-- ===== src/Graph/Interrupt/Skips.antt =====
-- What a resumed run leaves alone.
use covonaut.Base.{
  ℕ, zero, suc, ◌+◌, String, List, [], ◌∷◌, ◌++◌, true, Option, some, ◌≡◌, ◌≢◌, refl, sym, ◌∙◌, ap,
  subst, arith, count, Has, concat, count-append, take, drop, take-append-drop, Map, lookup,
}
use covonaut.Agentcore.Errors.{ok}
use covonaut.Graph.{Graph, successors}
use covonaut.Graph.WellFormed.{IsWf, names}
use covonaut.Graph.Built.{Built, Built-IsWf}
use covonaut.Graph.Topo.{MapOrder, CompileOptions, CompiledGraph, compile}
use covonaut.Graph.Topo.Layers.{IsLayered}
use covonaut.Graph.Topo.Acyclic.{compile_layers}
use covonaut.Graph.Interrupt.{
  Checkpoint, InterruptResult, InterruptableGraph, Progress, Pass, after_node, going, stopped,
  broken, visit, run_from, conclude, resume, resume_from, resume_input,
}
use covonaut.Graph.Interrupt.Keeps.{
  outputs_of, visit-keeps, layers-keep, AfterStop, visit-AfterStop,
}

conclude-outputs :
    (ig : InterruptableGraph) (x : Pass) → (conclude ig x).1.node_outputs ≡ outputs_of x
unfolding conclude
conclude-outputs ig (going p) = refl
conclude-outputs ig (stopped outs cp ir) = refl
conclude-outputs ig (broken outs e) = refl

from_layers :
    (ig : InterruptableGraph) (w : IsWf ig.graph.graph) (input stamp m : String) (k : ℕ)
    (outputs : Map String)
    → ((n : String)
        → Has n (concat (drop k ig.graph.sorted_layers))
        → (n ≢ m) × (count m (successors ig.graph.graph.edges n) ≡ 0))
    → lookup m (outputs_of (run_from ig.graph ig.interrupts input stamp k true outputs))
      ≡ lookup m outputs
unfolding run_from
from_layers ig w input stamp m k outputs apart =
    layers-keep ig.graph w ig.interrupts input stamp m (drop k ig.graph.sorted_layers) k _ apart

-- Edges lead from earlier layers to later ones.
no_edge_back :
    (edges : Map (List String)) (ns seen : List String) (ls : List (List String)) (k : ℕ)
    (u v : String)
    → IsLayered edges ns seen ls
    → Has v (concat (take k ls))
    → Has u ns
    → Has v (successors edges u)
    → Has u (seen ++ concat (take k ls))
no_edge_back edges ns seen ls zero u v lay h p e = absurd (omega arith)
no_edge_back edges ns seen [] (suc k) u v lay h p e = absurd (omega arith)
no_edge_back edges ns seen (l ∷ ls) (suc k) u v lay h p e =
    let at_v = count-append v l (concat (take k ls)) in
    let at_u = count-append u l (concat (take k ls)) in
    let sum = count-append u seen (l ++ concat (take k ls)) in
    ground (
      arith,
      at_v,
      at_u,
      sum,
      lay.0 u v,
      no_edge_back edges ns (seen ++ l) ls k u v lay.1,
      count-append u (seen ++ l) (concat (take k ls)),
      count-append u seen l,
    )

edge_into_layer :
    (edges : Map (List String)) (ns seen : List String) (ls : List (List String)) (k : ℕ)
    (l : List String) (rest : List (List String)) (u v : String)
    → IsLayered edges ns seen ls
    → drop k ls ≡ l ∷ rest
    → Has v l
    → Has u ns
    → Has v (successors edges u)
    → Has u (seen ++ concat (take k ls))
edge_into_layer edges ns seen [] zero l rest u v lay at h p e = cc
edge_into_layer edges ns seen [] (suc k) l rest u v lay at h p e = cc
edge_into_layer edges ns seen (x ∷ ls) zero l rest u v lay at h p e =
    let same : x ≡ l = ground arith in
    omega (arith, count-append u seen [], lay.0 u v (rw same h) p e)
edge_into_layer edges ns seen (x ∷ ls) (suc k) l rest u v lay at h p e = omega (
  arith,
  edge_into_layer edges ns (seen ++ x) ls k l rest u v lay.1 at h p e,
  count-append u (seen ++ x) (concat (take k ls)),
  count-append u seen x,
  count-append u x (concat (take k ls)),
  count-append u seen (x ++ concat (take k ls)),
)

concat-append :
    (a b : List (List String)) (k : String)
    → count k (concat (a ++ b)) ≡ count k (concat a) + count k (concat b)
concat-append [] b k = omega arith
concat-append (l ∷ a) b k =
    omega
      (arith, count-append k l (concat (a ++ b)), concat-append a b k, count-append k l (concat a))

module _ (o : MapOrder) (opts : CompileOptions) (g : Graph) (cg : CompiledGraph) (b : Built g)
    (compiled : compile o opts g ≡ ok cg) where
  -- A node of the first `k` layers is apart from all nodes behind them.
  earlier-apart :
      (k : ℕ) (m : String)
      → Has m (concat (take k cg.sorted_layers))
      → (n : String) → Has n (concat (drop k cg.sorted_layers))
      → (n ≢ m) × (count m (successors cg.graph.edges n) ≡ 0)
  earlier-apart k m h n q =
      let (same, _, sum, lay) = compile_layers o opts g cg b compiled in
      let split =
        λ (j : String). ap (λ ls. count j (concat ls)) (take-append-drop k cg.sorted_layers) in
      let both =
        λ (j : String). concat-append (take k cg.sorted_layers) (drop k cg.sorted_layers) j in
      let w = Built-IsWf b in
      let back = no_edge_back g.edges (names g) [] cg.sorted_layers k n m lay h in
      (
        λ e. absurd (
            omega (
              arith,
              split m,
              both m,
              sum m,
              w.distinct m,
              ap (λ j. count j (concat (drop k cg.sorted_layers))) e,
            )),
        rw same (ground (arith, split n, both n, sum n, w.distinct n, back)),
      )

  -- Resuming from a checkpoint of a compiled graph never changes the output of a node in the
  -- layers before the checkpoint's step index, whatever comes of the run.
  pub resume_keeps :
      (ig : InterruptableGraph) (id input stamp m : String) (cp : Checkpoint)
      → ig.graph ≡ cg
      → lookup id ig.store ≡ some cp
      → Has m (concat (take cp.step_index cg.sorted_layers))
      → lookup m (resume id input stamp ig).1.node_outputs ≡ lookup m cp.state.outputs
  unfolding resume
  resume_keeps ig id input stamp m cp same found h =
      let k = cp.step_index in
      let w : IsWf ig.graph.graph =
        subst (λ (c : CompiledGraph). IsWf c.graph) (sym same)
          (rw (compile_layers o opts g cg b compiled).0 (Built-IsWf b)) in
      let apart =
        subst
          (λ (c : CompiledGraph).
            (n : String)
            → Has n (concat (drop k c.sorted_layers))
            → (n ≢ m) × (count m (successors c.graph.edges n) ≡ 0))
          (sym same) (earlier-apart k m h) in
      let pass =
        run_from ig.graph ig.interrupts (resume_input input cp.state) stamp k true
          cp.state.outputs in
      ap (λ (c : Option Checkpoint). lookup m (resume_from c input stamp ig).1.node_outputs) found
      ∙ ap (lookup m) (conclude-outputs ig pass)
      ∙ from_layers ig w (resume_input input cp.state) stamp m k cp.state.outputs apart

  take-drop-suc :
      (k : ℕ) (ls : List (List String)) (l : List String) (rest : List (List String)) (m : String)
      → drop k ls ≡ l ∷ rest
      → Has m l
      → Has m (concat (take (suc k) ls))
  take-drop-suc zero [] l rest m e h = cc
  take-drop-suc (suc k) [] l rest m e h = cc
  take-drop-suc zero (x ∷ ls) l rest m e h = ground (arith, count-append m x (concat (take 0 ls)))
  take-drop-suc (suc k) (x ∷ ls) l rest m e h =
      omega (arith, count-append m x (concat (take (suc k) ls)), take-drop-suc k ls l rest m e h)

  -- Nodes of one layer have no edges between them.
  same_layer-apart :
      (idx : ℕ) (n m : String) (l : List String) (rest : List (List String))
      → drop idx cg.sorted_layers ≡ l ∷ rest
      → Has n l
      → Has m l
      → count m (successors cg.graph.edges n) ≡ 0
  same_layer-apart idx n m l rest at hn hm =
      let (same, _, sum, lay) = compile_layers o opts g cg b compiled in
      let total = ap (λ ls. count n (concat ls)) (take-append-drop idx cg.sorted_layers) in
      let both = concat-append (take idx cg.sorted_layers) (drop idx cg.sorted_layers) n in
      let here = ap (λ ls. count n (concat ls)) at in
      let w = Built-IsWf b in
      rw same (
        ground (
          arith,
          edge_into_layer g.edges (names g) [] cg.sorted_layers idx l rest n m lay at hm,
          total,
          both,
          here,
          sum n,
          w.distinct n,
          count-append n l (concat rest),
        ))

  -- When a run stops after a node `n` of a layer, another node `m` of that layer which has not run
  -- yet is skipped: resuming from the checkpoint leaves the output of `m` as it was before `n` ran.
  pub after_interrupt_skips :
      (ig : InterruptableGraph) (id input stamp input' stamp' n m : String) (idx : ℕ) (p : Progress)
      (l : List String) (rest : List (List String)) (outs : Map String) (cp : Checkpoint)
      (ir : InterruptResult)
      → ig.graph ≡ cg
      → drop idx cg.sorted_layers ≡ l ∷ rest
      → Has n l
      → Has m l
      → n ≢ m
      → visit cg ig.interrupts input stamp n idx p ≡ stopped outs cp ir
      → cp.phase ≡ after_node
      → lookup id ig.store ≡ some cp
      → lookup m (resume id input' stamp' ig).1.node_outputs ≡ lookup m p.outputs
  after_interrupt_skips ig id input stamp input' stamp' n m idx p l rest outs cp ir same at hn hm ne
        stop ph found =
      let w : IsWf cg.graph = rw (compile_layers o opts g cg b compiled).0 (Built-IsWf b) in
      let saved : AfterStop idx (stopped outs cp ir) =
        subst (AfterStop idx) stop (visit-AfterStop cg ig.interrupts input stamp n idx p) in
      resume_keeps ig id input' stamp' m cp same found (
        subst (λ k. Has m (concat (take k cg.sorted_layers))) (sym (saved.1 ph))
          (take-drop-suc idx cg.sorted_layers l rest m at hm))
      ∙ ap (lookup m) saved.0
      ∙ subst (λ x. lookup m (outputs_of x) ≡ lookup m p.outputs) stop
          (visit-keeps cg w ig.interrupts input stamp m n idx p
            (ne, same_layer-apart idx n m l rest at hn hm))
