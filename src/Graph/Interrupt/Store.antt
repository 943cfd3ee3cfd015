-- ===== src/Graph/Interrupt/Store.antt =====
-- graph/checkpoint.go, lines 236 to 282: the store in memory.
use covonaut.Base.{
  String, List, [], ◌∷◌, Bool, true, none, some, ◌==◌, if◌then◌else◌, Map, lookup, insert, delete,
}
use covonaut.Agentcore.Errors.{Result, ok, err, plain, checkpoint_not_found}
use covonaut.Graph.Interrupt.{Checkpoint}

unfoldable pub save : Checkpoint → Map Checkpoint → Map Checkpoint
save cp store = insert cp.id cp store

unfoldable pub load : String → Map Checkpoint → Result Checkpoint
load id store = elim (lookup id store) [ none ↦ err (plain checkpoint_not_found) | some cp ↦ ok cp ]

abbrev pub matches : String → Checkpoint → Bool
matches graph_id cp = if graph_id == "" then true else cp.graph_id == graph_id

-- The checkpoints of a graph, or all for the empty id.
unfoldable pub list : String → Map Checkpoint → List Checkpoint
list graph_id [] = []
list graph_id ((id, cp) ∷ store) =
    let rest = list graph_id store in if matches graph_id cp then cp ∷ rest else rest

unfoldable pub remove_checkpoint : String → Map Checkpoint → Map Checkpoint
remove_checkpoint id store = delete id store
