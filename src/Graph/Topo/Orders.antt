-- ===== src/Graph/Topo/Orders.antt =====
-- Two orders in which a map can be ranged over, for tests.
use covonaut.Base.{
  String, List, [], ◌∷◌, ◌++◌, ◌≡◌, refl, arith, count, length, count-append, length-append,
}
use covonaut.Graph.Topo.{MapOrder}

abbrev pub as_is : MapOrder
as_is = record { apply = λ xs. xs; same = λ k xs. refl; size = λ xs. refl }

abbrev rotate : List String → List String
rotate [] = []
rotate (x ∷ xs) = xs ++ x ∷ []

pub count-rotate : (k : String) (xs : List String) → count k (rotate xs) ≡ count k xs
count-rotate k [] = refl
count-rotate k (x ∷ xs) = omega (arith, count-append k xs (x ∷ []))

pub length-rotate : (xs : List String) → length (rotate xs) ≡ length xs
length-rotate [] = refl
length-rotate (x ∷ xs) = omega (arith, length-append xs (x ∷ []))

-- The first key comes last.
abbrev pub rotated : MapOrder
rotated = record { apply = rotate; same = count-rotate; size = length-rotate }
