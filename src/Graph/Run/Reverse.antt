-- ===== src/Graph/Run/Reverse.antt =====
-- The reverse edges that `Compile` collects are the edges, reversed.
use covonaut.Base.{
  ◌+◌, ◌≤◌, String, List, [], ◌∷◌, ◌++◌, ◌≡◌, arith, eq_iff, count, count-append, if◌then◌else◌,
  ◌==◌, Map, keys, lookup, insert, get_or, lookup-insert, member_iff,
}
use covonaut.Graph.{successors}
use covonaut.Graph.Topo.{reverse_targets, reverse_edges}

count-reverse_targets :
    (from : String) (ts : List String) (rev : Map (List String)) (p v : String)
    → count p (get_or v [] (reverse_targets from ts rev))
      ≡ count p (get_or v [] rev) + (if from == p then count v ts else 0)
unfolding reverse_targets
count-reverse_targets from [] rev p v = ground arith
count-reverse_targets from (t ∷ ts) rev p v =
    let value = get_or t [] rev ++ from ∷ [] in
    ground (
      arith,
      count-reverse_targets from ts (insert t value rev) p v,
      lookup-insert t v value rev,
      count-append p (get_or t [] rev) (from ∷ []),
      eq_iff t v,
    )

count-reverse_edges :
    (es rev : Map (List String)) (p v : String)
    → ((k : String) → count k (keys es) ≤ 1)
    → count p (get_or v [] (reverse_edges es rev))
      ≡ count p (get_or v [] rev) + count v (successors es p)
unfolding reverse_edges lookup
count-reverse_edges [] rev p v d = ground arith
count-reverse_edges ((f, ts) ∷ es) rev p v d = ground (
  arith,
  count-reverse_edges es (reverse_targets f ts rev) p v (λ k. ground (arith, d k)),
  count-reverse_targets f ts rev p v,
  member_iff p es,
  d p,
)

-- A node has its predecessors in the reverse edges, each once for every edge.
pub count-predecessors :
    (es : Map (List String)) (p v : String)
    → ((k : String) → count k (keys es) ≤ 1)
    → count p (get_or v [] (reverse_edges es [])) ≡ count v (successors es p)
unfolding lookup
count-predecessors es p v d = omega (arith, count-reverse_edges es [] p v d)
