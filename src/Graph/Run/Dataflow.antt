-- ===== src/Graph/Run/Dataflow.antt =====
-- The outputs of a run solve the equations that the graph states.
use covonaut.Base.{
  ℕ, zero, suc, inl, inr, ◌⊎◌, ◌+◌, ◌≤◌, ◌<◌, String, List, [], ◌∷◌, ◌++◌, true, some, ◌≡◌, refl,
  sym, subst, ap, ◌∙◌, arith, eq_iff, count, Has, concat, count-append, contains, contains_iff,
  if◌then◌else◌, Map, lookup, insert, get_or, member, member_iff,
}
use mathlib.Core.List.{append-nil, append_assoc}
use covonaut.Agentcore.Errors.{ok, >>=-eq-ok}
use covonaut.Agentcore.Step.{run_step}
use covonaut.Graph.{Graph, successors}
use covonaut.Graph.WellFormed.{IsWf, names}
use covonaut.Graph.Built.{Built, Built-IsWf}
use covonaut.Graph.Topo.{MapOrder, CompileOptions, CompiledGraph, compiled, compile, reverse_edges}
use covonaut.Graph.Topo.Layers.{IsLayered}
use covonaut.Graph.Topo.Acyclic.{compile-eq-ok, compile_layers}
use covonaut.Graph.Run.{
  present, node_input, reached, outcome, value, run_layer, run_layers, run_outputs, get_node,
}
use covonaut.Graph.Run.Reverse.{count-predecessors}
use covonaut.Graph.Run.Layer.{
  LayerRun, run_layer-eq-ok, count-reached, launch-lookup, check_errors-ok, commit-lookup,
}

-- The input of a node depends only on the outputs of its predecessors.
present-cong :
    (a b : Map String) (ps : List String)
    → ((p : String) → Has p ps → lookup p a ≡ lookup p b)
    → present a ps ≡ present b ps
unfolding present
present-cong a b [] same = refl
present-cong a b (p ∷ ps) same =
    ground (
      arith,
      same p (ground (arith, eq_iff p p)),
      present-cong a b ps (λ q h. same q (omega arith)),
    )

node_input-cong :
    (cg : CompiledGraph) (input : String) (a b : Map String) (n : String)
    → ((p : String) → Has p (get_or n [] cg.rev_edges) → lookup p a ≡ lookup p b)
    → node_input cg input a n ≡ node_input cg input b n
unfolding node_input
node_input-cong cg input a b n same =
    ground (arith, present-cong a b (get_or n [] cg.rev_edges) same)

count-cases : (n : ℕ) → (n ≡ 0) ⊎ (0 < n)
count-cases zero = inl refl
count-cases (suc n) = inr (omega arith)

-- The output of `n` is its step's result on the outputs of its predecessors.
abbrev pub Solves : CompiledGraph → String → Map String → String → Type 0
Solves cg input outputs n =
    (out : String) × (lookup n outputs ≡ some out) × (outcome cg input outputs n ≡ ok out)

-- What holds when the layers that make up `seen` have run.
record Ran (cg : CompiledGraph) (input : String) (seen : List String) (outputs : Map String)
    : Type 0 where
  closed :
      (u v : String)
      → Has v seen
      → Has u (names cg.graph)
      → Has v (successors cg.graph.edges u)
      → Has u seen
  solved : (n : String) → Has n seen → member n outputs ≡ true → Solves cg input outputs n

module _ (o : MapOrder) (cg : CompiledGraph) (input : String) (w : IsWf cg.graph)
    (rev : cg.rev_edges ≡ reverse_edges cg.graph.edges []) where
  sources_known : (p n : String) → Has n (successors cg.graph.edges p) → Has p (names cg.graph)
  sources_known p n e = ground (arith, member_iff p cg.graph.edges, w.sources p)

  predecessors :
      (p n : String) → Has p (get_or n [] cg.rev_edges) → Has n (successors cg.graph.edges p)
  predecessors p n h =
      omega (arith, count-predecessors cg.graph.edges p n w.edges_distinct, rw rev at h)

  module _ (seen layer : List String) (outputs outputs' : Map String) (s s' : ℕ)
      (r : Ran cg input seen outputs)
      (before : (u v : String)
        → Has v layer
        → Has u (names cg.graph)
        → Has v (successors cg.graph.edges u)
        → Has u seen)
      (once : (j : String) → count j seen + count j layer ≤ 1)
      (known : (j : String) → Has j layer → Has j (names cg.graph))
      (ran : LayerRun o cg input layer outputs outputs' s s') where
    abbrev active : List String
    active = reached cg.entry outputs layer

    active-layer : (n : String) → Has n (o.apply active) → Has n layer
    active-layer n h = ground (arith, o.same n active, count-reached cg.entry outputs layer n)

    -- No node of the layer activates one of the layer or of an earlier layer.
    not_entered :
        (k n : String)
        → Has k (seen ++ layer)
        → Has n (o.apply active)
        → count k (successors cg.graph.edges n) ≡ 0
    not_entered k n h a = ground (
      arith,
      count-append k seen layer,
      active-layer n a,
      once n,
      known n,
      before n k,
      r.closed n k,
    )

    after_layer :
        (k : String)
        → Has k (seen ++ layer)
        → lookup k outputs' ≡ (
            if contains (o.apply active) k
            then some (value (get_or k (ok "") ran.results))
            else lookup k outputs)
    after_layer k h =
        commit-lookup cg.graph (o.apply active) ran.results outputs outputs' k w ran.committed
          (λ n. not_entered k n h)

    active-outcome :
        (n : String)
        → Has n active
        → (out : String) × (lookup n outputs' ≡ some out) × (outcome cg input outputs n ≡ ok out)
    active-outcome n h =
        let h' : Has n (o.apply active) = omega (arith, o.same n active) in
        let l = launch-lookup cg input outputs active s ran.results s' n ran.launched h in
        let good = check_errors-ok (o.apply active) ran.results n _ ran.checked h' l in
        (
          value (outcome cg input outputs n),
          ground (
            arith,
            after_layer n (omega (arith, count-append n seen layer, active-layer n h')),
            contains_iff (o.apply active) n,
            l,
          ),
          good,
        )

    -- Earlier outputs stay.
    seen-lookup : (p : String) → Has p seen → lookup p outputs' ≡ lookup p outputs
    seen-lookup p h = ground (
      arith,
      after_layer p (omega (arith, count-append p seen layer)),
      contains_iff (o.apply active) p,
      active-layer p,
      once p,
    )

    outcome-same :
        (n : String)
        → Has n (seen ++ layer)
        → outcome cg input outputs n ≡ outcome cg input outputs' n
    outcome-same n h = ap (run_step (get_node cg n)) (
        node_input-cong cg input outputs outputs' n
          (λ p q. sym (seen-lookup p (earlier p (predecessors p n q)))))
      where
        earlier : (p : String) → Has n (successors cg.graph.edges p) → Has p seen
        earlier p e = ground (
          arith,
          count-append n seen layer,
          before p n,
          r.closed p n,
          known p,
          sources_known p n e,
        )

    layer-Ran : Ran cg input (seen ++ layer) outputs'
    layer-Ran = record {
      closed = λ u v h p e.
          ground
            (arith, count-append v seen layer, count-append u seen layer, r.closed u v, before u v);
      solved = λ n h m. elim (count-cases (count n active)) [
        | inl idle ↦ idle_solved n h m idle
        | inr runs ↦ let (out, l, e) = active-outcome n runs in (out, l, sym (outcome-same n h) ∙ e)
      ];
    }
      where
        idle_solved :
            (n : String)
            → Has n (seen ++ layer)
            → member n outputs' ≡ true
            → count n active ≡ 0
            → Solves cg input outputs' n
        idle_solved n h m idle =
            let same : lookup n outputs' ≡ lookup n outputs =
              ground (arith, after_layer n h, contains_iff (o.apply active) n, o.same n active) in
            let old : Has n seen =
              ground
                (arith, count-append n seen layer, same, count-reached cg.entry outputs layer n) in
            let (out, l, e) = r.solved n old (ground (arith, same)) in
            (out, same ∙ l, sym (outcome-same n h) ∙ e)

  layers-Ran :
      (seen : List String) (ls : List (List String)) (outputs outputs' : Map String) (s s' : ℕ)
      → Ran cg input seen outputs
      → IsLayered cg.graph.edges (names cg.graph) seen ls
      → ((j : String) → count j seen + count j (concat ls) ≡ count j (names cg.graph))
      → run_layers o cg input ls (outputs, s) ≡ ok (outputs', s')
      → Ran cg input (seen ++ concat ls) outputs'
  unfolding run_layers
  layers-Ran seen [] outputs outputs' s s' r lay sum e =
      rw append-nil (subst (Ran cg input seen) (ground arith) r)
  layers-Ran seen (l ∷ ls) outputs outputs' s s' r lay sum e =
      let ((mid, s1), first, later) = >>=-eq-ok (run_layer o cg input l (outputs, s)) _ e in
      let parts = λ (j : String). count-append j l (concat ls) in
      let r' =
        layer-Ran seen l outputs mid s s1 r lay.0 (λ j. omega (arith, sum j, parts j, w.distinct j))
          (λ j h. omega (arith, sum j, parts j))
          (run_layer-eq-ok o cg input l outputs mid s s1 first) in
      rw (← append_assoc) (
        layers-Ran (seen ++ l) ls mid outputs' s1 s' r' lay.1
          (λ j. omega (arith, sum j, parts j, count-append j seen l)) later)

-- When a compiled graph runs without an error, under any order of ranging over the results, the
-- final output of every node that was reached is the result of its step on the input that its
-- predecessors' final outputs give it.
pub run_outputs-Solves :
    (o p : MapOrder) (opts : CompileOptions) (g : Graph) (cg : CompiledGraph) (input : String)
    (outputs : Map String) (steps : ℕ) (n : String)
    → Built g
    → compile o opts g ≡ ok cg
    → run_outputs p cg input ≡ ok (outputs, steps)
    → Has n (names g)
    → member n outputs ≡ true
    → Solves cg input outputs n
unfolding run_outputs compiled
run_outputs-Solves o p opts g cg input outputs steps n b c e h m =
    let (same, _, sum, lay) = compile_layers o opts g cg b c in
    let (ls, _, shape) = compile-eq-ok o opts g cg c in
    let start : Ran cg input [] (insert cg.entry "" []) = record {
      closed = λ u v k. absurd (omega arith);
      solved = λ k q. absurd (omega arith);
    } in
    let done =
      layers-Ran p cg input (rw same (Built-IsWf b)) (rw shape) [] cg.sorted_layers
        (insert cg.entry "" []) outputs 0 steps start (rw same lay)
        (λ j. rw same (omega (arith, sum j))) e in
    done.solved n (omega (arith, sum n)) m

------------------------------------------------

--- TASK ---
Collect the lines of the records that include the string "split".

--- PROBLEM SOLUTION ---
      let split =
              split m,
        rw same (ground (arith, split n, both n, sum n, w.distinct n, back)),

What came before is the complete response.